The data ::
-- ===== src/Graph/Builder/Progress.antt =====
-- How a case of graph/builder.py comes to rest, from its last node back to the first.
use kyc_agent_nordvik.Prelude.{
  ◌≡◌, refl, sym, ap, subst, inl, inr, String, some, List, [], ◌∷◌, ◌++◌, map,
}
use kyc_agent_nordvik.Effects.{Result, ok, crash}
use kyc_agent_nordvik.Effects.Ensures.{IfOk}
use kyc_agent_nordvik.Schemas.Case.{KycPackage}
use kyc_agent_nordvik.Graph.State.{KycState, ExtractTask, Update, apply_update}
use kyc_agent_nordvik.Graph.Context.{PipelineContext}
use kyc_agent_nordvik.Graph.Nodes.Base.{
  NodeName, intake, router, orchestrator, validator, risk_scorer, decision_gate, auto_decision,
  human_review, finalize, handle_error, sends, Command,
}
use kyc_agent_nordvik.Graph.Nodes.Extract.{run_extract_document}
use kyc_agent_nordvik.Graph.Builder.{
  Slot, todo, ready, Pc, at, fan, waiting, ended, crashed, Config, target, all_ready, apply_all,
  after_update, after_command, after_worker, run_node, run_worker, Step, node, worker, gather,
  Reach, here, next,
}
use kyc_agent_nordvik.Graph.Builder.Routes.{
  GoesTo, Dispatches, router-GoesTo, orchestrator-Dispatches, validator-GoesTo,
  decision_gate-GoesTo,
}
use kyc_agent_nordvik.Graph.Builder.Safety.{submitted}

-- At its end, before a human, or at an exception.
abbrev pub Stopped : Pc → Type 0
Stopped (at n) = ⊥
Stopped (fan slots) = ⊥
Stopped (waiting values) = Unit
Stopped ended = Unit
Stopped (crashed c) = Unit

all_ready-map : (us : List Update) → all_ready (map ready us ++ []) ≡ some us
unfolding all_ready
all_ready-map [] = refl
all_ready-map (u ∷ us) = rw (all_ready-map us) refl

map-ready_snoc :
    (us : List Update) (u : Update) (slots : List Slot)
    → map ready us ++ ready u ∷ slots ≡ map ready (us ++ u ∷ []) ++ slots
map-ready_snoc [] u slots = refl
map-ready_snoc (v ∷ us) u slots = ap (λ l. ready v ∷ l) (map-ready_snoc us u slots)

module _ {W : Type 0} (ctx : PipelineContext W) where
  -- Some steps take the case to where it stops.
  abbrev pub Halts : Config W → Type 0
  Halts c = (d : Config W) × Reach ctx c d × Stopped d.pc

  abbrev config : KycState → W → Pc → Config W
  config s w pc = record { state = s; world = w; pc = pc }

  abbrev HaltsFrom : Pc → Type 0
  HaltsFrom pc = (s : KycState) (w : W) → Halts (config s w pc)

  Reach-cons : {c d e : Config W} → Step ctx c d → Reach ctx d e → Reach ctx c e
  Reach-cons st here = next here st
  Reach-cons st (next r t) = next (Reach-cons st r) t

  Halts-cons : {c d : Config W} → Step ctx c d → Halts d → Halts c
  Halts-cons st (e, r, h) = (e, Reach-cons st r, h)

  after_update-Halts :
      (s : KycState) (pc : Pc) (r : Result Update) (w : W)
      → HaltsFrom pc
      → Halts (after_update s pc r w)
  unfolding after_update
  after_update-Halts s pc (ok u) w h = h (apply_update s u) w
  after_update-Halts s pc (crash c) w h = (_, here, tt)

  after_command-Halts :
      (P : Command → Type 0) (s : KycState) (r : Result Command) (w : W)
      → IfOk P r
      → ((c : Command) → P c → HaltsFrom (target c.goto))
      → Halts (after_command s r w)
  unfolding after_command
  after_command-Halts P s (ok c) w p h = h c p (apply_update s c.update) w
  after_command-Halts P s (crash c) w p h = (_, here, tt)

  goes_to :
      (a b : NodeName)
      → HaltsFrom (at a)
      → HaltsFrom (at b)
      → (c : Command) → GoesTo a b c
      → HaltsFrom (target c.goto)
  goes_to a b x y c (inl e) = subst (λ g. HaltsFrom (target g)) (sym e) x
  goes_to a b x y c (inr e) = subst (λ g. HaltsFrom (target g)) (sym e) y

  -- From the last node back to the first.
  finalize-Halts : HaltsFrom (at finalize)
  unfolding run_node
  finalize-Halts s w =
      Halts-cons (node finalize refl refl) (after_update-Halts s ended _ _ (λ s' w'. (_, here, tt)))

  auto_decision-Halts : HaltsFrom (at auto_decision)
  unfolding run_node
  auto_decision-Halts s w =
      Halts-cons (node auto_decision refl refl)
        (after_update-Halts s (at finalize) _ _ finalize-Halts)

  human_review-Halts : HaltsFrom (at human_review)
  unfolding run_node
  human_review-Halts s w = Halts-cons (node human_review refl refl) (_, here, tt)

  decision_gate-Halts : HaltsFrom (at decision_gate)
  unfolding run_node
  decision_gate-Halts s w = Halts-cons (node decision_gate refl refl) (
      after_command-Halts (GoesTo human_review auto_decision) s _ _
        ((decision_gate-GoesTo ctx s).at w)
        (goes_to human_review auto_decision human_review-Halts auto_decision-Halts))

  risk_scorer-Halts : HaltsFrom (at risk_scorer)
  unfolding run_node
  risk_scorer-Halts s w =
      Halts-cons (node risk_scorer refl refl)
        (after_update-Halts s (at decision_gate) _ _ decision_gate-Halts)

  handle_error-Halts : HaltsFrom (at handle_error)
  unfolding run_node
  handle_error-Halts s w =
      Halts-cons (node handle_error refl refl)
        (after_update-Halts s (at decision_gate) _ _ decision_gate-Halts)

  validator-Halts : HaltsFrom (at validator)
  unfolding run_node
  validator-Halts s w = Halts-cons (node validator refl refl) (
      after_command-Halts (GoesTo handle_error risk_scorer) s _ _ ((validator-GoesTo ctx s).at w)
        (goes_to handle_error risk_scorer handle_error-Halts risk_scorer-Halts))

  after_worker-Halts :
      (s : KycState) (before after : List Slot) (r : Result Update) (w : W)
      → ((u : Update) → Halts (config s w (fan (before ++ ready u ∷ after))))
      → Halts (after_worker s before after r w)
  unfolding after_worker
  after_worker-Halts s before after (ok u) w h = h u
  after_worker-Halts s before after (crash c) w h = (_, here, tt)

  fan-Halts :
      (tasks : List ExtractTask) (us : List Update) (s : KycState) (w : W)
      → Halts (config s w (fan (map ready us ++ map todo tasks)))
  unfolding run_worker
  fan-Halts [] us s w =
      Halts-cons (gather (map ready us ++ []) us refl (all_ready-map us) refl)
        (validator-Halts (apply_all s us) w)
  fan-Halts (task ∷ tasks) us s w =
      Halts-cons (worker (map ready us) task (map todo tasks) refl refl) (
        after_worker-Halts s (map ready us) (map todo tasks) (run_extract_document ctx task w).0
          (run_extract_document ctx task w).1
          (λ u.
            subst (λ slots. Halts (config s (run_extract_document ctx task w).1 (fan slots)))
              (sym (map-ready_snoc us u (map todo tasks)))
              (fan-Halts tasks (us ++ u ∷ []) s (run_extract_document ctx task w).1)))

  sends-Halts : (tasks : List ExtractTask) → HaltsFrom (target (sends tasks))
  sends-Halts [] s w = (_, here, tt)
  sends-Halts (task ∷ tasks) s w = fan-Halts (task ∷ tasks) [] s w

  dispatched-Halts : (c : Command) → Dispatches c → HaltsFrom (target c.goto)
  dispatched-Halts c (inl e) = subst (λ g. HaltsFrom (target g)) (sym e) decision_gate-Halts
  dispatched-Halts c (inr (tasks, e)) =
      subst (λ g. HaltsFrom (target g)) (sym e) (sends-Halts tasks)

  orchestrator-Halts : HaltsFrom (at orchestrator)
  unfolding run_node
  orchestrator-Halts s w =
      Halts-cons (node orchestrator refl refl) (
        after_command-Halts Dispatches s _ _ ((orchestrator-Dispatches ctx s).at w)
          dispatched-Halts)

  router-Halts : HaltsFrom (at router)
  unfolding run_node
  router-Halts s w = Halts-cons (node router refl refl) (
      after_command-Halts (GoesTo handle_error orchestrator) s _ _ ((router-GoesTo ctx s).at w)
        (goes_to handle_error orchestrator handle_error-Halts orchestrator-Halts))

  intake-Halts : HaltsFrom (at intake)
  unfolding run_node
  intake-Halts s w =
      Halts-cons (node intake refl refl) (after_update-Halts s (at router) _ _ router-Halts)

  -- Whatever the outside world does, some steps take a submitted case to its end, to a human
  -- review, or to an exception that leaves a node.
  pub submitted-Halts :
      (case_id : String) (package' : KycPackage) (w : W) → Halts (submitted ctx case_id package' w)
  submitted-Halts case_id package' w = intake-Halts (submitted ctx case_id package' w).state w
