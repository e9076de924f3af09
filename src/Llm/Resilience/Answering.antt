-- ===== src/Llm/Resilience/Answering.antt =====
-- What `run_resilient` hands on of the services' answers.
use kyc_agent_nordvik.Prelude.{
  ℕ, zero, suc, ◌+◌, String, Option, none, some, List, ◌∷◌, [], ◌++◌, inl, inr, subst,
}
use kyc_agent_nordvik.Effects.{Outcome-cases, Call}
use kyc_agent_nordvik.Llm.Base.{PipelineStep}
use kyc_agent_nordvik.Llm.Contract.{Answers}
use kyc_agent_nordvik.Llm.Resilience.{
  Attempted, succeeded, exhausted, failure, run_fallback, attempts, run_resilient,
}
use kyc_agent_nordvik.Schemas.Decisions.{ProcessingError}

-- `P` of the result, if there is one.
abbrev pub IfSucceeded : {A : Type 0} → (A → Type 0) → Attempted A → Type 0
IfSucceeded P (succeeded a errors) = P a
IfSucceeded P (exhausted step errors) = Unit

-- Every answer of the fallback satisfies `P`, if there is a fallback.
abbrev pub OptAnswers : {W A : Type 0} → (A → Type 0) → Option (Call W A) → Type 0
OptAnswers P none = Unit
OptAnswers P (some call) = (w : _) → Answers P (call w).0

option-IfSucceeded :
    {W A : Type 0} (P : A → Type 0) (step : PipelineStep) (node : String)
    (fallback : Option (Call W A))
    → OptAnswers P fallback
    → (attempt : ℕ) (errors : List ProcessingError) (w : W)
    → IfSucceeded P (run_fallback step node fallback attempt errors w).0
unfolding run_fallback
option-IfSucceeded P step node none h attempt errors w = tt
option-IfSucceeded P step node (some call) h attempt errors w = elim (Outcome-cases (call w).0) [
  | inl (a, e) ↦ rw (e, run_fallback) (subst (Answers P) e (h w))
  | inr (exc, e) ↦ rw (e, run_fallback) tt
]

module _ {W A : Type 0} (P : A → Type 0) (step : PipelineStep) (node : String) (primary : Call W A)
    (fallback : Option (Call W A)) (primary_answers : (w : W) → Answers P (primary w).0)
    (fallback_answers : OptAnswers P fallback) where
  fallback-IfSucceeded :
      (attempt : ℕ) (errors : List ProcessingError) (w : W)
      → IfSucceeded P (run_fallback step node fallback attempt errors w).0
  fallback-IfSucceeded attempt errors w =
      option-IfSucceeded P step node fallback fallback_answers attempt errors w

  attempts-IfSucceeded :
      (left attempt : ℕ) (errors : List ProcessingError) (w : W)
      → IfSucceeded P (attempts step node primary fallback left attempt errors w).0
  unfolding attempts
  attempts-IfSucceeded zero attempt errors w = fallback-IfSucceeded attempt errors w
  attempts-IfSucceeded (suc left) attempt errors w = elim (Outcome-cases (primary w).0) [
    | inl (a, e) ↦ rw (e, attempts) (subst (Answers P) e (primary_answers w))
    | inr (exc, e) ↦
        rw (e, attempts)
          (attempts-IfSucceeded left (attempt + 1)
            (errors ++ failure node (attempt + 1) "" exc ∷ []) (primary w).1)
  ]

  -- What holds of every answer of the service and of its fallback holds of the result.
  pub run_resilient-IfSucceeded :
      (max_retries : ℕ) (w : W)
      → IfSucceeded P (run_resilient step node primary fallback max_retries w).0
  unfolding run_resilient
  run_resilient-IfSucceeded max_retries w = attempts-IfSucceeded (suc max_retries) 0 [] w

Task details :: Word for word, repeat the line holding "-- What holds" and all lines after it through the end of the entries above.

Written answer ::
  -- What holds of every answer of the service and of its fallback holds of the result.
  pub run_resilient-IfSucceeded :
      (max_retries : ℕ) (w : W)
      → IfSucceeded P (run_resilient step node primary fallback max_retries w).0
  unfolding run_resilient
  run_resilient-IfSucceeded max_retries w = attempts-IfSucceeded (suc max_retries) 0 [] w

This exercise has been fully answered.